Oh, thanks. That's weird, because the first thing I was gonna do was get component cables, but a GameStop employee told me the PS2 wasn't 480p capable, so no component cables. Guess he was wrong.


----------



## taydor_b (Dec 3, 2012)

xwatchmanx said:


> Oh, thanks. That's weird, because the first thing I was gonna do was get component cables, but a GameStop employee told me the PS2 wasn't 480p capable, so no component cables. Guess he was wrong.


 
Yeah, he is definitely wrong.  I think early PS2 games only ran in 480i, but the majority run in 480p.  Gran Turismo 4 can even run in 1080i, I believe.


----------



## xwatchmanx (Dec 3, 2012)

Well according to this list, Mega Man X Collection doesn't have 480p support. So I don't think this will fix my issue.


----------



## taydor_b (Dec 3, 2012)

xwatchmanx said:


> Well according to this list, Mega Man X Collection doesn't have 480p support. So I don't think this will fix my issue.

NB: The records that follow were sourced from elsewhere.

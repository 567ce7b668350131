-- ===== src/Search/Gzip/Reads.antt =====
-- What a stream delivers, and the lines that `search_file_igzip` reads from it.
use drlog_search.Base.{
  ℕ, ◌+◌, ◌≤◌, ◌<◌, All, All-append, List, [], ◌++◌, append-nil, append_assoc, Bytes, ◌≡◌, refl,
  sym, ap, ◌∙◌, ◌≢◌, length,
}
use drlog_search.Util.Igzip.{ReadResult, read}
use drlog_search.Util.Split.{terminated, terminated-append}
use drlog_search.Search.Carry.{get_lines_gzip}
use drlog_search.Search.Carry.Chunks.{LacksNewline, get_lines_gzip_sound}
use drlog_search.Search.Gzip.{max_line_size}

module _ {Stream : Type 0} (igzread : Stream → ReadResult × Stream) where
  -- The reads of the search up to `end`: the lines that are cut off, the bytes that are read, and
  -- the bytes behind the last newline. They end at `end`, at the end of the stream, or where the
  -- bytes with no newline among them are more than MAX_LINE_SIZE.
  pub data Reads (end : ℕ) : ℕ → Bytes → Stream → List Bytes → Bytes → Bytes → Type 0 where
    at_end :
        {total : ℕ} {carry : Bytes} {s : Stream} → end ≤ total → Reads end total carry s [] [] carry
    exhausted :
        {total : ℕ} {carry : Bytes} {s t : Stream}
        → total < end
        → igzread s ≡ (read [], t)
        → Reads end total carry s [] [] carry
    too_long :
        {total : ℕ} {carry bytes : Bytes} {s t : Stream}
        → total < end
        → igzread s ≡ (read bytes, t)
        → bytes ≢ []
        → max_line_size < length (carry ++ bytes)
        → Reads end total carry s [] bytes (carry ++ bytes)
    next_chunk :
        {total : ℕ} {carry bytes later rest : Bytes} {s t : Stream} {lines : List Bytes}
        → total < end
        → igzread s ≡ (read bytes, t)
        → bytes ≢ []
        → length (carry ++ bytes) ≤ max_line_size
        → Reads end (total + length bytes) (get_lines_gzip (carry ++ bytes) []).0 t lines later rest
        → Reads end total carry s
            ((get_lines_gzip (carry ++ bytes) []).1 ++ lines)
            (bytes ++ later)
            rest

  -- Where reads end with some lines, bytes and a rest: the lines, each with its newline, and the
  -- rest spell what was carried over and the bytes that were read.
  pub Reads-spell :
      (end total : ℕ) (carry : Bytes) (s : Stream) (lines : List Bytes) (bytes rest : Bytes)
      → Reads end total carry s lines bytes rest
      → terminated b'\n' lines ++ rest ≡ carry ++ bytes
  Reads-spell end total carry s _ _ _ (at_end h) = sym (append-nil carry)
  Reads-spell end total carry s _ _ _ (exhausted h e) = sym (append-nil carry)
  Reads-spell end total carry s _ _ _ (too_long h e ne l) = refl
  Reads-spell end total carry s _ _ _
        (next_chunk {bytes = bytes} {later = later} {rest = rest} {lines = lines} h e ne l r) =
      let cut = get_lines_gzip (carry ++ bytes) [] in
      let (spells, _, _) = get_lines_gzip_sound (carry ++ bytes) in
      rw (terminated-append b'\n' cut.1 lines, append_assoc)
        (ap (◌++◌ (terminated b'\n' cut.1)) (Reads-spell end _ cut.0 _ lines later rest r)
          ∙ sym (append_assoc (terminated b'\n' cut.1) cut.0 later)
          ∙ ap (λ t. t ++ later) spells
          ∙ append_assoc carry bytes later)

  -- The lines that reads cut off hold no newline.
  pub Reads-lack :
      (end total : ℕ) (carry : Bytes) (s : Stream) (lines : List Bytes) (bytes rest : Bytes)
      → Reads end total carry s lines bytes rest
      → All LacksNewline lines
  Reads-lack end total carry s _ _ _ (at_end h) = tt
  Reads-lack end total carry s _ _ _ (exhausted h e) = tt
  Reads-lack end total carry s _ _ _ (too_long h e ne l) = tt
  Reads-lack end total carry s _ _ _
        (next_chunk {bytes = bytes} {later = later} {rest = rest} {lines = lines} h e ne l r) =
      let cut = get_lines_gzip (carry ++ bytes) [] in
      let (_, _, lack) = get_lines_gzip_sound (carry ++ bytes) in
      All-append LacksNewline cut.1 lines lack (Reads-lack end _ cut.0 _ lines later rest r)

Hmmm, that's odd. Romance of the Three Kingdoms XI isn't on that list and it looks great on my TV. However, I found another forum talking about the same issue, and they stated that Capcom didn't change the resolution from 240p so if you're paying on an HDTV, then if won't display at all. Others said they had no problem. I would give it a try though. It's only $5 and you can use it for other PS2 you may want to play.


----------



## xwatchmanx (Dec 3, 2012)

taydor_b said:


> Hmmm, that's odd. Romance of the Three Kingdoms XI isn't on that list and it looks great on my TV. However, I found another forum talking about the same issue, and they stated that Capcom didn't change the resolution from 240p so if you're paying on an HDTV, then if won't display at all. Others said they had no problem. I would give it a try though. It's only $5 and you can use it for other PS2 you may want to play.


Well I've been meaning to grab a CRT for my old systems, anyway. So we'll see how that goes.


----------



## weiff (Dec 3, 2012)

Bought one of these...

http://www.the-nextlevel.com/features/hardware/hori-digital-controller/

NEVER regretted it.


----------



## xwatchmanx (Dec 3, 2012)

weiff said:


> Bought one of these...
> 
> http://www.the-nextlevel.com/features/hardware/hori-digital-controller/
> 
> NEVER regretted it.


I've looked into this, and the cheapest I could find is $100. It's much cheaper for me to grab a SNES controller and gamecube adapter for it. Not to mention that I do NOT want to spend an extra $100 if I'm already going to be spending $50 on the GameCube version of MMX Collection.


----------



## RodrigoDavy (Dec 3, 2012)

Using component cables should improve the image quality even if the games runs on a low resolution (I am not 100% sure). It has something to do with better separation of the colors, less interference, etc... Also maybe it could be that you're used to HD digital quality, especially since the NTSC standard is known for its poor quality (sorry, americans and japaneses =/ )


----------



## xwatchmanx (Dec 3, 2012)

RodrigoDavy said:


> Using component cables should improve the image quality even if the games runs on a low resolution (I am not 100% sure). It has something to do with better separation of the colors, less interference, etc... Also maybe it could be that you're used to HD digital quality, especially since the NTSC standard is known for its poor quality (sorry, americans and japaneses =/ )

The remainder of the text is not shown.